29. A system for determining the risk of DCIS recurrence and/or progression in a subject in need thereof, comprising:

at least one processor;

a sample input circuit configured to receive a tissue sample from the subject;

a sample analysis circuit coupled to the at least one processor and configured to determine gene expression levels of the tissue sample;

an input/output circuit coupled to the at least one processor;

a storage circuit coupled to the at least one processor and configured to store data, parameters, and/or a classifier; and

a memory coupled to the processor and comprising computer readable program code embodied in the memory that when executed by the at least one processor causes the at least one processor to perform operations comprising:

controlling/performing measurement via the sample analysis circuit of gene expression levels of a plurality of genes in said tissue sample;

optionally, normalizing the gene expression levels to generate normalized gene expression values;

retrieving from the storage circuit a DCIS classifier;

entering the gene expression values into the classifier; and

determining a score or risk of DCIS recurrence and/or progression based upon said classifier.
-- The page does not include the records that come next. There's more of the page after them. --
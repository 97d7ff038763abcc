-- ===== src/Spock/Desired/Mesh.antt =====
-- The pairs of `ComputeDesired` (internal/spock/desired.go): each has its entries.
use mathlib.Core.List.{Memᴰ}
use pgedge_helm.Base.{
  ◌≡◌, refl, sym, subst, false, List, [], ◌∷◌, ◌==◌, All, All-map, arith, if_ind,
}
use pgedge_helm.Base.Text.{Text, text_key}
use pgedge_helm.Base.Maps.{Map}
use pgedge_helm.Config.{Node, Config}
use pgedge_helm.Resource.{Identifier, identifier_key}
use pgedge_helm.Spock.Names.{spock_slot_name, spock_sub_name}
use pgedge_helm.Spock.Types.{
  Address, ident, resource_type_replication_slot, resource_type_subscription,
}
use pgedge_helm.Spock.ReplicationSlot
use pgedge_helm.Spock.ReplicationSlot.{new_replication_slot}
use pgedge_helm.Spock.Subscription
use pgedge_helm.Spock.Subscription.{new_subscription}
use pgedge_helm.Spock.Object.{Body, slot, body_identifier}
use pgedge_helm.Spock.Desired.Grows.{
  Has, Grows, put-Has, put_grows, add_new_nodes-Grows, HasNode, users-HasNode,
}
use pgedge_helm.Spock.Desired.{
  Building, put, Conns, conn_of, is_filling, end_state_subscription, add_pair, add_pairs_from,
  add_pairs, compute_desired, new_nodes, add_users_and_nodes, add_new_nodes,
}

module _ (cfg : Config) (conns : Conns) (fresh : Map Text Node)
    (peer_deps : Map Text (List Identifier)) where
  abbrev slot_of : (src dst : Node) → Body
  slot_of src dst =
      slot (new_replication_slot src.name dst.name cfg.db_name (conn_of conns src.name))

  abbrev sub_of : (src dst : Node) → Body
  sub_of = end_state_subscription cfg conns fresh peer_deps

  add_pair_grows :
      (src dst : Node) (b : Building) (k : Identifier)
      → Has k b
      → Has k (add_pair cfg conns fresh peer_deps src dst b)
  unfolding add_pair
  add_pair_grows src dst b k h =
      if_ind (Has k) (src.name == dst.name) h
        (put_grows (sub_of src dst) (put (slot_of src dst) b) k (put_grows (slot_of src dst) b k h))

  abbrev slot_key : (src dst : Node) → Identifier
  slot_key src dst =
      ident resource_type_replication_slot (spock_slot_name cfg.db_name src.name dst.name)

  abbrev sub_key : (src dst : Node) → Identifier
  sub_key src dst = ident resource_type_subscription (spock_sub_name src.name dst.name)

  slot_of-key : (src dst : Node) → body_identifier (slot_of src dst) ≡ slot_key src dst
  unfolding body_identifier ReplicationSlot.identifier ReplicationSlot.slot_name
      new_replication_slot
  slot_of-key src dst = refl

  sub_of-key : (src dst : Node) → body_identifier (sub_of src dst) ≡ sub_key src dst
  unfolding body_identifier Subscription.identifier Subscription.sub_name new_subscription
  sub_of-key src dst =
      if_ind (λ b. body_identifier b ≡ sub_key src dst)
        (is_filling cfg conns fresh peer_deps src dst) refl refl

  -- A slot at the source and a subscription at the destination.
  abbrev pub HasPair : (src dst : Node) → Building → Type 0
  HasPair src dst b = Has (slot_key src dst) b × Has (sub_key src dst) b

  -- Where the two are not the same.
  abbrev pub Joined : (src dst : Node) → Building → Type 0
  Joined src dst b = (src.name == dst.name) ≡ false → HasPair src dst b

  abbrev pub Joins : Node → List Node → Building → Type 0
  Joins src dsts b = All (λ dst. Joined src dst b) dsts

  Joined-Grows :
      (src dst : Node) (b made : Building) → Grows b made → Joined src dst b → Joined src dst made
  Joined-Grows src dst b made g h other =
      (g (slot_key src dst) (h other).0, g (sub_key src dst) (h other).1)

  add_pair-Joined :
      (src dst : Node) (b : Building)
      → Joined src dst (add_pair cfg conns fresh peer_deps src dst b)
  unfolding add_pair
  add_pair-Joined src dst b other =
      let b1 = put (slot_of src dst) b in
      let b2 = put (sub_of src dst) b1 in
      let made : add_pair cfg conns fresh peer_deps src dst b ≡ b2 = ground arith in
      let slot_made : Has (slot_key src dst) b2 =
        put_grows (sub_of src dst) b1 (slot_key src dst)
          (subst (λ k. Has k b1) (slot_of-key src dst) (put-Has (slot_of src dst) b)) in
      let sub_made : Has (sub_key src dst) b2 =
        subst (λ k. Has k b2) (sub_of-key src dst) (put-Has (sub_of src dst) b1) in
      subst (HasPair src dst) (sym made) (slot_made, sub_made)

  add_pairs_from-Grows :
      (src : Node) (dsts : List Node) (b : Building)
      → Grows b (add_pairs_from cfg conns fresh peer_deps src dsts b)
  unfolding add_pairs_from
  add_pairs_from-Grows src [] b k h = h
  add_pairs_from-Grows src (dst ∷ dsts) b k h =
      add_pairs_from-Grows src dsts (add_pair cfg conns fresh peer_deps src dst b) k
        (add_pair_grows src dst b k h)

  add_pairs_from-Joins :
      (src : Node) (dsts : List Node) (b : Building)
      → Joins src dsts (add_pairs_from cfg conns fresh peer_deps src dsts b)
  unfolding add_pairs_from
  add_pairs_from-Joins src [] b = tt
  add_pairs_from-Joins src (dst ∷ dsts) b =
      let b1 = add_pair cfg conns fresh peer_deps src dst b in
      (
        Joined-Grows src dst b1 (add_pairs_from cfg conns fresh peer_deps src dsts b1)
            (add_pairs_from-Grows src dsts b1) (add_pair-Joined src dst b),
        add_pairs_from-Joins src dsts b1,
      )

  add_pairs-Grows :
      (srcs : List Node) (b : Building) → Grows b (add_pairs cfg conns fresh peer_deps srcs b)
  unfolding add_pairs
  add_pairs-Grows [] b k h = h
  add_pairs-Grows (src ∷ srcs) b k h =
      add_pairs-Grows srcs (add_pairs_from cfg conns fresh peer_deps src cfg.nodes b) k
        (add_pairs_from-Grows src cfg.nodes b k h)

  pub add_pairs-Joins :
      (srcs : List Node) (b : Building)
      → All (λ src. Joins src cfg.nodes (add_pairs cfg conns fresh peer_deps srcs b)) srcs
  unfolding add_pairs
  add_pairs-Joins [] b = tt
  add_pairs-Joins (src ∷ srcs) b =
      let b1 = add_pairs_from cfg conns fresh peer_deps src cfg.nodes b in
      (
        All-map
            (λ dst.
              Joined-Grows src dst b1 (add_pairs cfg conns fresh peer_deps srcs b1)
                (add_pairs-Grows srcs b1))
            cfg.nodes (add_pairs_from-Joins src cfg.nodes b),
        add_pairs-Joins srcs b1,
      )

All-member : {A : Type 0} (P : A → Type 0) (a : A) (xs : List A) → Memᴰ a xs → All P xs → P a
All-member P a [] m h = elim m [ ]
All-member P a (x ∷ xs) (Memᴰ.head e) (h, k) = subst P (sym e) h
All-member P a (x ∷ xs) (Memᴰ.tail m) (h, k) = All-member P a xs m k

-- For two nodes of the configuration with different names, there are entries at the identifiers of a
-- role and a Spock node of both, and of the slot and the subscription of the pair.
pub compute_desired-HasPair :
    (cfg : Config) (conns : Conns) (next : Address) (src dst : Node)
    → Memᴰ src cfg.nodes
    → Memᴰ dst cfg.nodes
    → (src.name == dst.name) ≡ false
    → HasNode cfg conns src (compute_desired cfg conns next)
      × HasNode cfg conns dst (compute_desired cfg conns next)
      × Has
          (ident resource_type_replication_slot (spock_slot_name cfg.db_name src.name dst.name))
          (compute_desired cfg conns next)
      × Has
          (ident resource_type_subscription (spock_sub_name src.name dst.name))
          (compute_desired cfg conns next)
unfolding compute_desired
compute_desired-HasPair cfg conns next src dst src_in dst_in other =
    let empty : Building = record { resources = []; next = next } in
    let b1 = add_users_and_nodes cfg conns cfg.nodes empty in
    let fresh = new_nodes cfg.nodes [] in
    let filled = add_new_nodes cfg conns fresh (b1, []) in
    let b2 = add_pairs cfg conns fresh filled.1 cfg.nodes filled.0 in
    let grown : Grows b1 b2 = λ k h.
      add_pairs-Grows cfg conns fresh filled.1 cfg.nodes filled.0 k
        (add_new_nodes-Grows cfg conns fresh b1 [] k h) in
    let members = users-HasNode cfg conns cfg.nodes empty in
    let at_src = All-member (λ n. HasNode cfg conns n b1) src cfg.nodes src_in members in
    let at_dst = All-member (λ n. HasNode cfg conns n b1) dst cfg.nodes dst_in members in
    let joins =
      All-member (λ n. Joins cfg conns fresh filled.1 n cfg.nodes b2) src cfg.nodes src_in
        (add_pairs-Joins cfg conns fresh filled.1 cfg.nodes filled.0) in
    let (slot_there, sub_there) =
      All-member (λ n. Joined cfg conns fresh filled.1 src n b2) dst cfg.nodes dst_in joins other in
    (
      (grown _ at_src.0, grown _ at_src.1),
      (grown _ at_dst.0, grown _ at_dst.1),
      slot_there,
      sub_there,
    )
30. The system of claim 29, wherein said plurality of genes comprises at least 5, 10, 15, 20, 30, 40, 50, 60, 70, 80, 90 or 100 of the genes listed in Table 1, wherein said plurality of genes comprises at least 30, 50, 80, 100, 200, or 300 of the genes listed in Table 1, or wherein said plurality of genes comprises at least 100, 300, 500, 600, 700, or 800 of the genes listed in Table 1.

31.-32. (canceled)

33. The system of claim 29, wherein the classifier was generated by a method comprising:

(a) providing tissue samples (e.g., biopsies) from a plurality of subjects, said samples comprising cells of a breast tissue site of interest, said site of interest comprising or suspected of comprising ductal carcinoma in situ (DCIS) (e.g., suspected based on an abnormal mammogram), wherein said cells comprise a plurality of messenger ribonucleic acid (mRNA) molecules;

(b) optically detecting an expression level of said plurality of mRNA molecules to thereby quantify expression levels of a plurality of genes in the cells; and

(c) using the expression levels of the plurality of genes to train a classifier, said classifier capable of determining a risk of DCIS recurrence and/or progression.